**** RECORDS SHOWN ****

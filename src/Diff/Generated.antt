-- ===== src/Diff/Generated.antt =====
-- doover/src/utils/diff.rs, `generate_diff`: what the generated diff holds at each key.
use doover_rs.Base.{
  ◌≡◌, refl, ap, String, Bool, true, false, Option, none, some, arith, str_eq, eq_iff, Bool-cases,
  if◌then◌else◌, unwrap_or, inl, inr, is_some, or_else, not, ◌&&◌,
}
use doover_rs.Json.{Value, Map, null, object, end, entry, get, insert, get-insert, is_empty}
use doover_rs.Json.Keys.{UniqueKeys, insert-UniqueKeys}
use doover_rs.Diff.{Numbers, is_changed, diff_from, mark_removed, with_removed, diff_entries}

module _ (𝓝 : Numbers) where
  open 𝓝 use {Number}

  -- The diff between the entries of two objects.
  abbrev pub map_diff : Map Number → Map Number → Bool → Map Number
  map_diff o n d = with_removed 𝓝 d o n (diff_entries 𝓝 o n d end)

  -- The diff of a nested object, as a map.
  abbrev pub sub_diff : Option (Value Number) → Map Number → Bool → Map Number
  sub_diff cur m d = diff_from 𝓝 (λ o. map_diff o m d) m (unwrap_or cur (object end))

  -- The entry that the diff has at a key of the new object.
  abbrev pub entry_for : Option (Value Number) → Value Number → Bool → Option (Value Number)
  entry_for cur (object m) d =
      if is_empty (sub_diff cur m d) then none else some (object (sub_diff cur m d))
  entry_for cur v d = if is_changed 𝓝 cur v then some v else none

  abbrev put : String → Option (Value Number) → Map Number → Map Number
  put k none m = m
  put k (some v) m = insert k v m

  get-put :
      (k : String) (o : Option (Value Number)) (m : Map Number) (j : String)
      → get j (put k o m) ≡ (if str_eq k j then or_else o (get j m) else get j m)
  get-put k none m j = ground arith
  get-put k (some v) m j = get-insert k j v m

  put-UniqueKeys :
      (k : String) (o : Option (Value Number)) (m : Map Number)
      → UniqueKeys m
      → UniqueKeys (put k o m)
  put-UniqueKeys k none m u = u
  put-UniqueKeys k (some v) m u = insert-UniqueKeys k v m u

  diff_entries_step :
      (old : Map Number) (k : String) (v : Value Number) (rest : Map Number) (d : Bool)
      (diff : Map Number)
      → diff_entries 𝓝 old (entry k v rest) d diff
        ≡ diff_entries 𝓝 old rest d (put k (entry_for (get k old) v d) diff)
  unfolding diff_entries
  diff_entries_step old k (object m) rest d diff =
      ap (diff_entries 𝓝 old rest d) (pushed (is_empty (sub_diff (get k old) m d)))
    where
      pushed :
          (b : Bool)
          → (if b then diff else insert k (object (sub_diff (get k old) m d)) diff)
            ≡ put k (if b then none else some (object (sub_diff (get k old) m d))) diff
      pushed true = refl
      pushed false = refl
  diff_entries_step old k v rest d diff =
      ap (diff_entries 𝓝 old rest d) (pushed (is_changed 𝓝 (get k old) v))
    where
      pushed :
          (b : Bool)
          → (if b then insert k v diff else diff) ≡ put k (if b then some v else none) diff
      pushed true = refl
      pushed false = refl

  -- What `diff_entries` adds at one key.
  abbrev found_at : Option (Value Number) → Option (Value Number) → Bool → Option (Value Number)
  found_at cur none d = none
  found_at cur (some v) d = entry_for cur v d

  last_entry :
      (old : Map Number) (k : String) (v : Value Number) (rest : Map Number) (d : Bool)
      (diff : Map Number) (j : String)
      → get k rest ≡ none
      → or_else
          (found_at (get j old) (get j rest) d)
          (if str_eq k j then or_else (entry_for (get k old) v d) (get j diff) else get j diff)
        ≡ or_else (found_at (get j old) (get j (entry k v rest)) d) (get j diff)
  unfolding get
  last_entry old k v rest d diff j u = elim (Bool-cases (str_eq k j)) [
    | inl same ↦
        let p : k ≡ j = (eq_iff k j).0 same in
        let q : get j rest ≡ none = rw p at u in
        rw (same, q) (ap (λ x. or_else (entry_for (get x old) v d) (get j diff)) p)
    | inr other ↦ rw other
  ]

  pub get-diff_entries :
      (old new : Map Number) (d : Bool) (diff : Map Number) (j : String)
      → UniqueKeys new
      → get j (diff_entries 𝓝 old new d diff)
        ≡ or_else (found_at (get j old) (get j new) d) (get j diff)
  get-diff_entries old end d diff j u = unfold diff_entries get in refl
  get-diff_entries old (entry k v rest) d diff j u = rw diff_entries_step (
      rw (get-diff_entries old rest d (put k (entry_for (get k old) v d) diff) j u.1)
        (rw (get-put k (entry_for (get k old) v d) diff j) (last_entry old k v rest d diff j u.0)))

  get-mark_removed :
      (old new diff : Map Number) (j : String)
      → get j (mark_removed 𝓝 old new diff)
        ≡ (if is_some (get j old) && not (is_some (get j new)) then some null else get j diff)
  unfolding mark_removed get
  get-mark_removed end new diff j = refl
  get-mark_removed (entry k v old) new diff j = ground (
    arith,
    eq_iff k j,
    get-insert k j null diff,
    get-mark_removed old new (if is_some (get k new) then diff else insert k null diff) j,
  )

  -- The diff between two objects has, at a key of the new object, the entry that the two values
  -- there call for, and at any other key a null if the old object has the key and removals count.
  abbrev pub diff_at : Option (Value Number) → Option (Value Number) → Bool → Option (Value Number)
  diff_at cur (some v) d = entry_for cur v d
  diff_at cur none d = if d && is_some cur then some null else none

  or_else-none : (o : Option (Value Number)) → or_else o none ≡ o
  or_else-none none = refl
  or_else-none (some v) = refl

  removed_or_found :
      (cur n : Option (Value Number))
      → (if is_some cur && not (is_some n) then some null else or_else (found_at cur n true) none)
        ≡ diff_at cur n true
  removed_or_found none none = refl
  removed_or_found (some c) none = refl
  removed_or_found none (some v) = or_else-none (entry_for none v true)
  removed_or_found (some c) (some v) = or_else-none (entry_for (some c) v true)

  only_found :
      (cur n : Option (Value Number)) → or_else (found_at cur n false) none ≡ diff_at cur n false
  only_found cur none = refl
  only_found cur (some v) = or_else-none (entry_for cur v false)

  pub get-map_diff :
      (old new : Map Number) (d : Bool) (j : String)
      → UniqueKeys new
      → get j (map_diff old new d) ≡ diff_at (get j old) (get j new) d
  get-map_diff old new true j u =
      rw (get-mark_removed old new (diff_entries 𝓝 old new true end) j) (
        rw (get-diff_entries old new true end j u)
          (unfold get in removed_or_found (get j old) (get j new)))
  get-map_diff old new false j u =
      rw (get-diff_entries old new false end j u) (unfold get in only_found (get j old) (get j new))

  diff_entries-UniqueKeys :
      (old new : Map Number) (d : Bool) (diff : Map Number)
      → UniqueKeys diff
      → UniqueKeys (diff_entries 𝓝 old new d diff)
  diff_entries-UniqueKeys old end d diff u = unfold diff_entries in u
  diff_entries-UniqueKeys old (entry k v rest) d diff u = rw diff_entries_step (
      diff_entries-UniqueKeys old rest d (put k (entry_for (get k old) v d) diff)
        (put-UniqueKeys k (entry_for (get k old) v d) diff u))

  mark_removed-UniqueKeys :
      (old new diff : Map Number) → UniqueKeys diff → UniqueKeys (mark_removed 𝓝 old new diff)
  unfolding mark_removed
  mark_removed-UniqueKeys end new diff u = u
  mark_removed-UniqueKeys (entry k v old) new diff u =
      mark_removed-UniqueKeys old new (if is_some (get k new) then diff else insert k null diff)
        (keep (is_some (get k new)))
    where
      keep : (b : Bool) → UniqueKeys (if b then diff else insert k null diff)
      keep true = u
      keep false = insert-UniqueKeys k null diff u

  pub map_diff-UniqueKeys : (old new : Map Number) (d : Bool) → UniqueKeys (map_diff old new d)
  map_diff-UniqueKeys old new true =
      mark_removed-UniqueKeys old new (diff_entries 𝓝 old new true end)
        (diff_entries-UniqueKeys old new true end tt)
  map_diff-UniqueKeys old new false = diff_entries-UniqueKeys old new false end tt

****

Copy the records above exactly, beginning at the line that contains "diff_at cur (some v) d = entry_for cur v d" and stopping after the line that contains "UniqueKeys (diff_entries 𝓝 old new d diff)".

• [TASK RESULT]
  diff_at cur (some v) d = entry_for cur v d
  diff_at cur none d = if d && is_some cur then some null else none

  or_else-none : (o : Option (Value Number)) → or_else o none ≡ o
  or_else-none none = refl
  or_else-none (some v) = refl

  removed_or_found :
      (cur n : Option (Value Number))
      → (if is_some cur && not (is_some n) then some null else or_else (found_at cur n true) none)
        ≡ diff_at cur n true
  removed_or_found none none = refl
  removed_or_found (some c) none = refl
  removed_or_found none (some v) = or_else-none (entry_for none v true)
  removed_or_found (some c) (some v) = or_else-none (entry_for (some c) v true)

  only_found :
      (cur n : Option (Value Number)) → or_else (found_at cur n false) none ≡ diff_at cur n false
  only_found cur none = refl
  only_found cur (some v) = or_else-none (entry_for cur v false)

  pub get-map_diff :
      (old new : Map Number) (d : Bool) (j : String)
      → UniqueKeys new
      → get j (map_diff old new d) ≡ diff_at (get j old) (get j new) d
  get-map_diff old new true j u =
      rw (get-mark_removed old new (diff_entries 𝓝 old new true end) j) (
        rw (get-diff_entries old new true end j u)
          (unfold get in removed_or_found (get j old) (get j new)))
  get-map_diff old new false j u =
      rw (get-diff_entries old new false end j u) (unfold get in only_found (get j old) (get j new))

  diff_entries-UniqueKeys :
      (old new : Map Number) (d : Bool) (diff : Map Number)
      → UniqueKeys diff
      → UniqueKeys (diff_entries 𝓝 old new d diff)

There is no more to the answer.